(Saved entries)
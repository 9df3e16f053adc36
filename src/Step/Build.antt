-- ===== src/Step/Build.antt =====
-- `run` (cmd/kbuild-step/main.go): the phases of the runner in their order.
pub mod Log
pub mod Parts
pub mod Ready
pub mod Good
pub mod Gated
pub mod Has
pub mod Phases
pub mod Delivers
pub mod Contract
use kernelbuild_buildkit.Common.{
  ℕ, ◌/◌, ◌%◌, zero, suc, ◌+◌, ltb, Bool, true, false, not, ◌&&◌, ◌||◌, List, [], ◌∷◌, ◌++◌,
  if◌then◌else◌, Option, none, some, Bytes, codes, beq, is_empty, has_prefix, has_suffix, drop,
  Result, ok, err,
}
use kernelbuild_buildkit.Seed.{SeedConfig, Secrets, load_seed_cfg, PushError, check_seed_push}
use kernelbuild_buildkit.Spec.Timestamp.{EpochError, timestamp}
use kernelbuild_buildkit.Step.Configure.{config_name, run_make, arch_args, configure}
use kernelbuild_buildkit.Step.Expect.{ExpectError, validate_expectations}
use kernelbuild_buildkit.Step.Mount.{Mount, get, delete, names, put}
use kernelbuild_buildkit.Step.Report.{
  RunError, bad_epoch, bad_targets, bad_push, not_expected, kconfigs_failed, modules_disabled,
  copy_failed, pack_failed, push_failed, compiled, wrote, pushed, Report, R, ◌>>=◌, ◌>>◌, give,
  pass, abort, emit, lift,
}
use kernelbuild_buildkit.Step.Run.{write, remove}
use kernelbuild_buildkit.Step.Sweep.{sweep_seeds}
use kernelbuild_buildkit.Step.Tree.{prepare_tree}
use kernelbuild_buildkit.Step.World.{World}
use kernelbuild_buildkit.Targets.{Plan, TargetError, resolve_targets, modules_enabled}

-- What `run` finds besides the world of its phases.
pub record Setting : Type 0 where
  pub world : World
  -- SOURCE_DATE_EPOCH, TARGETS and SEED_PUSH
  pub epoch : Bytes
  pub targets : Bytes
  pub seed_push : Bytes
  pub secrets : Secrets
  -- os.ReadFile of /kernel.expect
  pub expect : Option Bytes
  -- GOMAXPROCS, in decimal
  pub jobs : Bytes
  -- a file of the tree below its top level
  pub below : Mount → Bytes → Option Bytes
  -- whether a file of /out can be written to its end
  pub writable : Bytes → Bool
  -- whether `bundleKconfigs` comes to its end
  pub bundles : Mount → Bool
  -- os.MkdirTemp for the staged modules, and whether the pack of them comes to its end
  pub stage : Option Bytes
  pub packs : Mount → Bool
  -- `seedPush`: the client, the name of the temporary file, the pack of the tree, and the upload
  pub s3_client : Bool
  pub seed_tmp : Bytes
  pub seed_pack : Mount → Option Bytes
  pub uploads : Bytes → Bool

abbrev pub out_config : Bytes
out_config = codes "/out/config"

abbrev pub out_modules : Bytes
out_modules = codes "/out/modules.tar.zst"

abbrev pub out_kconfigs : Bytes
out_kconfigs = codes "/out/kconfig.txt.gz"

abbrev epoch_result : Result EpochError Bytes → Result RunError Bytes
epoch_result (err e) = err (bad_epoch e)
epoch_result (ok ts) = ok ts

abbrev targets_result : Result TargetError Plan → Result RunError Plan
targets_result (err e) = err (bad_targets e)
targets_result (ok q) = ok q

abbrev push_result : Option PushError → Result RunError (Unit {0})
push_result none = ok tt
push_result (some e) = err (bad_push e)

abbrev gate_result : Result ExpectError ℕ → Result RunError (Unit {0})
gate_result (err e) = err (not_expected e)
gate_result (ok n) = ok tt

module _ (b : Setting) where
  open b use {world, secrets}

  abbrev unless_failed : Bool → RunError → R (Unit {0})
  unless_failed true e = pass
  unless_failed false e = abort e

  -- The file of a path in the tree.
  abbrev or_below : Mount → Bytes → Option Bytes → Option Bytes
  or_below m path none = b.below m path
  or_below m path (some text) = some text

  -- `validateExpectations`
  unfoldable pub expectation_gate : R (Unit {0})
  unfolding validate_expectations get
  expectation_gate m = give (gate_result (validate_expectations b.expect (get config_name m))) m

  -- `bundleKconfigs`
  unfoldable pub bundle_kconfigs : R (Unit {0})
  bundle_kconfigs = do emit (wrote out_kconfigs); λ m. unless_failed (b.bundles m) kconfigs_failed m

  abbrev config_enables : Option Bytes → Bool
  config_enables none = false
  config_enables (some text) = modules_enabled text

  -- The refusal of modules that the config does not enable.
  unfoldable pub require_modules : R (Unit {0})
  unfolding modules_enabled get
  require_modules m = unless_failed (config_enables (get config_name m)) modules_disabled m

  -- The arguments of the compiling run of make.
  unfoldable pub compile_args : List Bytes → List Bytes
  unfolding arch_args beq
  compile_args make_targets = arch_args world (
      ((codes "-j" ++ b.jobs) ∷ [])
      ++ ((if is_empty world.env.karch || beq world.env.karch (codes "x86_64")
            then codes "KCFLAGS=-Wa,-mx86-used-note=no" ∷ []
            else [])
          ++ make_targets))

  unfoldable pub make_args : List Bytes → R (Unit {0})
  unfolding run_make
  make_args args = emit (compiled args) >> lift (run_make world args)

  unfoldable pub compile : List Bytes → R (Unit {0})
  unfolding make_args compile_args
  compile [] = pass
  compile (t ∷ ts) = make_args (compile_args (t ∷ ts))

  abbrev copy_text : Bytes → Option Bytes → R (Unit {0})
  copy_text dst none = abort (copy_failed dst)
  copy_text dst (some text) = do emit (wrote dst); unless_failed (b.writable dst) (copy_failed dst)

  -- `copyFile`
  unfoldable pub copy_file : Bytes → Bytes → R (Unit {0})
  unfolding get
  copy_file src dst m = copy_text dst (or_below m src (get src m)) m

  -- The loop over the artifacts, in some order.
  unfoldable pub copy_artifacts : List (Bytes × Bytes) → R (Unit {0})
  unfolding copy_file
  copy_artifacts [] = pass
  copy_artifacts ((src, dst) ∷ rest) = copy_file src dst >> copy_artifacts rest

  -- The arguments of the run of make that stages the modules.
  abbrev pub install_args : Bytes → List Bytes
  install_args dir = arch_args world (
      codes "modules_install"
      ∷ (codes "INSTALL_MOD_PATH=" ++ dir)
      ∷ codes "INSTALL_MOD_STRIP=1"
      ∷ [])

  abbrev pack_staged : Option Bytes → R (Unit {0})
  pack_staged none = abort pack_failed
  pack_staged (some dir) = do
    make_args (install_args dir)
    emit (wrote out_modules)
    λ m. unless_failed (b.packs m) pack_failed m

  -- `packModules`
  unfoldable pub pack_modules : R (Unit {0})
  unfolding make_args arch_args
  pack_modules = pack_staged b.stage

  abbrev upload_pack : SeedConfig → Option Bytes → R (Unit {0})
  upload_pack c none = lift (remove b.seed_tmp) >> abort push_failed
  upload_pack c (some pack) = do
    lift (write b.seed_tmp pack)
    emit (pushed c)
    lift (remove b.seed_tmp)
    unless_failed (b.uploads pack) push_failed

  -- `seedPush`: the temporary file stands on the mount until the push is over.
  unfoldable pub push_seed : SeedConfig → R (Unit {0})
  push_seed c = do
    unless_failed b.s3_client push_failed
    lift (write b.seed_tmp [])
    λ m. upload_pack c (b.seed_pack m) m

  abbrev pub when : Bool → R (Unit {0}) → R (Unit {0})
  when true p = p
  when false p = pass

  unfoldable pub publish : Option SeedConfig → R (Unit {0})
  unfolding push_seed
  publish none = pass
  publish (some c) = when c.push (push_seed c)

  -- `run` behind the gate.
  unfoldable pub export_plan : Plan → Option SeedConfig → R (Unit {0})
  unfolding bundle_kconfigs require_modules compile copy_artifacts copy_file pack_modules publish
  export_plan q seed = do
    lift (remove (codes ".version"))
    when q.want_kconfigs bundle_kconfigs
    when q.want_modules require_modules
    compile q.make_targets
    copy_artifacts q.artifacts
    when q.want_config (copy_file config_name out_config)
    when q.want_modules pack_modules
    publish seed

  unfoldable pub make_ready : Option SeedConfig → R (Unit {0})
  unfolding sweep_seeds prepare_tree configure expectation_gate
  make_ready seed = do
    lift sweep_seeds
    lift (prepare_tree world seed)
    lift (configure world)
    expectation_gate

  -- The errors of the contract, before anything else.
  unfoldable pub contract : R Plan
  unfolding timestamp resolve_targets load_seed_cfg check_seed_push
  contract = do
    ts ← give (epoch_result (timestamp b.epoch))
    q ← give (targets_result (resolve_targets world.env.karch b.targets))
    give (push_result (check_seed_push b.seed_push (load_seed_cfg secrets)))
    give (ok q)

  -- `run`
  unfoldable pub run : R (Unit {0})
  unfolding contract make_ready export_plan load_seed_cfg
  run = do q ← contract; make_ready (load_seed_cfg secrets); export_plan q (load_seed_cfg secrets)
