-- ===== src/Step/Build/Contract.antt =====
-- The errors of the contract come before anything is touched.
use kernelbuild_buildkit.Common.{◌≡◌, ap, Option, none, some, Bytes, [], Result, ok, err}
use kernelbuild_buildkit.Seed.{load_seed_cfg, PushError, check_seed_push}
use kernelbuild_buildkit.Spec.Timestamp.{EpochError, timestamp}
use kernelbuild_buildkit.Step.Build.{
  Setting, contract, run, epoch_result, targets_result, push_result, make_ready, export_plan,
}
use kernelbuild_buildkit.Step.Mount.{Mount}
use kernelbuild_buildkit.Step.Report.{
  RunError, bad_epoch, bad_targets, bad_push, Report, proceed, ◌>>=◌, ◌>>◌, give,
}
use kernelbuild_buildkit.Targets.{Plan, TargetError, resolve_targets}

-- A run that ends with an error, the mount as it was and nothing done.
abbrev pub refusal : {A : Type 0} → RunError → Mount → Report A
refusal e m = record { outcome = err e; mount = m; events = [] }

-- The error of the first part of the contract that is broken.
abbrev pub push_error : Option PushError → Option RunError
push_error none = none
push_error (some x) = some (bad_push x)

abbrev pub targets_error : Result TargetError Plan → Option RunError → Option RunError
targets_error (err x) later = some (bad_targets x)
targets_error (ok q) later = later

abbrev pub epoch_error : Result EpochError Bytes → Option RunError → Option RunError
epoch_error (err x) later = some (bad_epoch x)
epoch_error (ok ts) later = later

abbrev pub first_breach : Setting → Option RunError
first_breach b = epoch_error (timestamp b.epoch) (
    targets_error (resolve_targets b.world.env.karch b.targets)
      (push_error (check_seed_push b.seed_push (load_seed_cfg b.secrets))))

contract-refusal :
    (b : Setting) (m : Mount) (e : RunError) → first_breach b ≡ some e → contract b m ≡ refusal e m
unfolding contract
contract-refusal b m e h =
    by_parts (timestamp b.epoch) (resolve_targets b.world.env.karch b.targets)
      (check_seed_push b.seed_push (load_seed_cfg b.secrets)) h
  where
    by_parts :
        (t : Result EpochError Bytes) (r : Result TargetError Plan) (p : Option PushError)
        → epoch_error t (targets_error r (push_error p)) ≡ some e
        → (give (epoch_result t) >>= λ ts.
              give (targets_result r) >>= λ q. give (push_result p) >>= λ _. give (ok q))
            m
          ≡ refusal e m
    by_parts (err x) r p h = ap (λ y. refusal y m) (cc)
    by_parts (ok ts) (err x) p h = ap (λ y. refusal y m) (cc)
    by_parts (ok ts) (ok q) (some x) h = ap (λ y. refusal y m) (cc)
    by_parts (ok ts) (ok q) none h = cc

-- A run whose epoch does not render, whose TARGETS are not known, or that is to push a seed and cannot,
-- ends with the error of the first of these, and has touched nothing: the mount is as it was, no
-- change of it was made on the way, and nothing was compiled, written or pushed.
pub run-refusal :
    (b : Setting) (m : Mount) (e : RunError) → first_breach b ≡ some e → run b m ≡ refusal e m
unfolding run
run-refusal b m e h =
    ap
      (λ r.
        proceed r.outcome r.mount r.events (λ q.
          make_ready b (load_seed_cfg b.secrets) >> export_plan b q (load_seed_cfg b.secrets)))
      (contract-refusal b m e h)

To do: The entries above hold a line with "unfoldable pub make_ready" and a later line with "unfolding contract make_ready". Write out exactly those lines and all lines between, nothing more.

Result for this task:
  unfoldable pub make_ready : Option SeedConfig → R (Unit {0})
  unfolding sweep_seeds prepare_tree configure expectation_gate
  make_ready seed = do
    lift sweep_seeds
    lift (prepare_tree world seed)
    lift (configure world)
    expectation_gate

  -- The errors of the contract, before anything else.
  unfoldable pub contract : R Plan
  unfolding timestamp resolve_targets load_seed_cfg check_seed_push
  contract = do
    ts ← give (epoch_result (timestamp b.epoch))
    q ← give (targets_result (resolve_targets world.env.karch b.targets))
    give (push_result (check_seed_push b.seed_push (load_seed_cfg secrets)))
    give (ok q)

  -- `run`
  unfoldable pub run : R (Unit {0})
  unfolding contract make_ready export_plan load_seed_cfg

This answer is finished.